Городские власти, местные историки и члены Латвийско-еврейского культурного комитета приняли биографа дружелюбно, но помочь почти ничем не могли. Чтобы быть хоть чуточку полезными, они отвели Бреслина на кладбище, где похоронены или перезахоронены сто двадцать тысяч жертв нацизма, по большей части евреев. Показали они ему и место в лесу, где проводились массовые казни. И спустя пятьдесят лет трава отказывалась там расти.
Когда я сам посещаю это место, то слышу тот же рассказ. На следующий день десять, двенадцать, четырнадцать студентов подсаживаются за мой столик в университетской столовой. Я принес с собой каталог обширной вы-ставки Ротко в лондонской «Тейт» и медленно перелистываю страницы. Студенты, сгрудившись вокруг, рассматривают репродукции. Их реакции: «невероятно», «волшебно», «гениально». На последних страницах — почти полностью черные работы конца шестидесятых. «Таким был Даугавпилс при коммунистах», — замечает один из студентов.
Для сегодняшней молодежи Даугавпилса Марк Ротко — «величайший латвийский художник». Услышав это, я улыбаюсь: самому Ротко слово «Латвия» и в голову бы не пришло, его родной город находился в России, он говорил о своем русском прошлом.
Одна студентка, высокая, худенькая девушка, хочет знать, сомневался ли Ротко когда-нибудь в ценности своей работы. Я киваю. Да, он сомневался. Ему нравилось, что окружающие считали его гением и соответственно к нему относились, но он неоднократно задавался вопросом, не являются ли его картины раскрашенными фасадами, чудесными декорациями, утратившими свою человеческую или духовную почву. Картины эти, думалось ему иногда, были ширмами, за которыми он прятал свое «я», свою историю и свою трагедию. «Именно это мне в нем и нравится, — кивает девушка, — угадываемое, невидимое… Тому, кто родом из этой страны, есть что скрывать».
В 1963 году галерист Фрэнк Ллойд, обедая с Вилемом де Кунингом и Марком Ротко, спросил, чем он может им помочь.
Художники переглянулись, засмеялись.
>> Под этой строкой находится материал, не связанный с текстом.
-- ===== src/ServiceManager/Promises/Stories.antt =====
-- What Demos/BinderCDemo/service_manager.c promises for a history of transactions and deaths: the map
-- from names to handles that its requests and the deaths of its nodes make.
use mathlib.Core.Path.{subst}
use android_source_learn.Prelude.{
  ℕ, ◌≡◌, refl, sym, ap, ◌∙◌, Option, none, some, List, if◌then◌else◌, Option-cases, inl, inr,
}
use android_source_learn.Abi.{Abi}
use android_source_learn.ServiceManager.Access.{System}
use android_source_learn.ServiceManager.Registry.{
  Svcinfo, Manager, same_name, find_svc, deref, svcinfo_death,
}
use android_source_learn.ServiceManager.Registry.Lookup.{handle_of, handle_of-svcinfo_death}
use android_source_learn.ServiceManager.Registry.Names.{find_svc-deref}
use android_source_learn.ServiceManager.Histories.{
  start, IsSound, Step, transact, death, Reach, here, next, Reach-IsSound,
}
use android_source_learn.ServiceManager.Specification.{Names, handles}
use android_source_learn.ServiceManager.Promises.{answered, Gives, svcmgr_handler-Kept}

-- The map after the death of a node, if there is one: its name has no handle.
abbrev pub forgotten : Option Svcinfo → Names → Names
forgotten none f t = f t
forgotten (some si) f t = if same_name si.name t then 0 else f t

forgotten-same :
    (o : Option Svcinfo) (f g : Names) (t : List ℕ) → f t ≡ g t → forgotten o f t ≡ forgotten o g t
forgotten-same none f g t same = same
forgotten-same (some si) f g t same = rw same refl

module _ (sys : System) (abi : Abi) where
  -- The map that a history makes.
  abbrev pub promised : {m m' : Manager} → Step sys abi m m' → Names → Names
  promised (transact ans txn msg reply reply' z f e) g = answered abi txn msg reply.mem z g
  promised {m} (death p e) g = forgotten (deref p m.svclist) g

  abbrev pub story : {m m' : Manager} → Reach sys abi m m' → Names
  story here = λ t. 0
  story (next r s) = promised s (story r)

  promised-same :
      {m m' : Manager} (s : Step sys abi m m') (f g : Names)
      → ((t : List ℕ) → f t ≡ g t)
      → (t : List ℕ) → promised s f t ≡ promised s g t
  promised-same (transact ans txn msg reply reply' z fresh e) f g same t = rw (same t) refl
  promised-same {m} (death p e) f g same t = forgotten-same (deref p m.svclist) f g t (same t)

  death-forgotten :
      (p : ℕ) (m : Manager)
      → IsSound m
      → (t : List ℕ) → handles (svcinfo_death p m) t ≡ forgotten (deref p m.svclist) (handles m) t
  unfolding svcinfo_death
  death-forgotten p m v t = elim (Option-cases (deref p m.svclist)) [
    | inl gone ↦ rw (gone, svcinfo_death) refl
    | inr (si, there) ↦
        let (found, at) = find_svc-deref p m.svclist si v.names there in
        rw there (
          ap (λ (q : ℕ). handle_of t (svcinfo_death q m)) (sym at)
          ∙ handle_of-svcinfo_death si.name t m si v.distinct found)
  ]

  Step-promised :
      {m m' : Manager} (s : Step sys abi m m')
      → IsSound m
      → (t : List ℕ) → handles m' t ≡ promised s (handles m) t
  Step-promised {m} (transact ans txn msg reply reply' z f e) v t =
      subst
        (Gives
          (λ m' z'. (t : List ℕ) → handles m' t ≡ answered abi txn msg reply.mem z' (handles m) t))
        e (svcmgr_handler-Kept sys abi ans m txn msg reply f v) t
  Step-promised {m} (death p e) v t = ap (λ (n : Manager). handles n t) e ∙ death-forgotten p m v t

  -- The manager implements its promise: after every history of transactions and deaths from the
  -- start, each name has the handle that the history promises for it. That is 0 at the start; a
  -- transaction SVC_MGR_ADD_SERVICE that returns 0 gives the name in its message the handle in its
  -- message, the death of a node takes the handle from the name of that node, and nothing else
  -- changes any name.
  pub handles-story :
      (c : ℕ) {m : Manager} (r : Reach sys abi (start c) m) (t : List ℕ) → handles m t ≡ story r t
  unfolding find_svc
  handles-story c here t = refl
  handles-story c (next {m'} r s) t =
      Step-promised s (Reach-IsSound sys abi c r) t
      ∙ promised-same s (handles m') (story r) (handles-story c r) t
Готов ли был Ллойд выполнить любое их желание? Тот был готов.
Де Кунинг: «Хорошо. Пусть другие перестанут меня копировать».
Ллойд кивнул и пообещал об этом позаботиться.
Ротко: «Можешь организовать мне персональную выставку в Двинске?»
Таково было его самое сокровенное желание.
Перевод и вступительная заметка Ирины Лейченко
* Хочу все покрасить, покрасить в черный цвет,
Черный, как ночь, черный, как уголь.
Хочу поставить кляксу на солнце.
Хочу все покрасить в черный, черный, черный цвет. (англ.)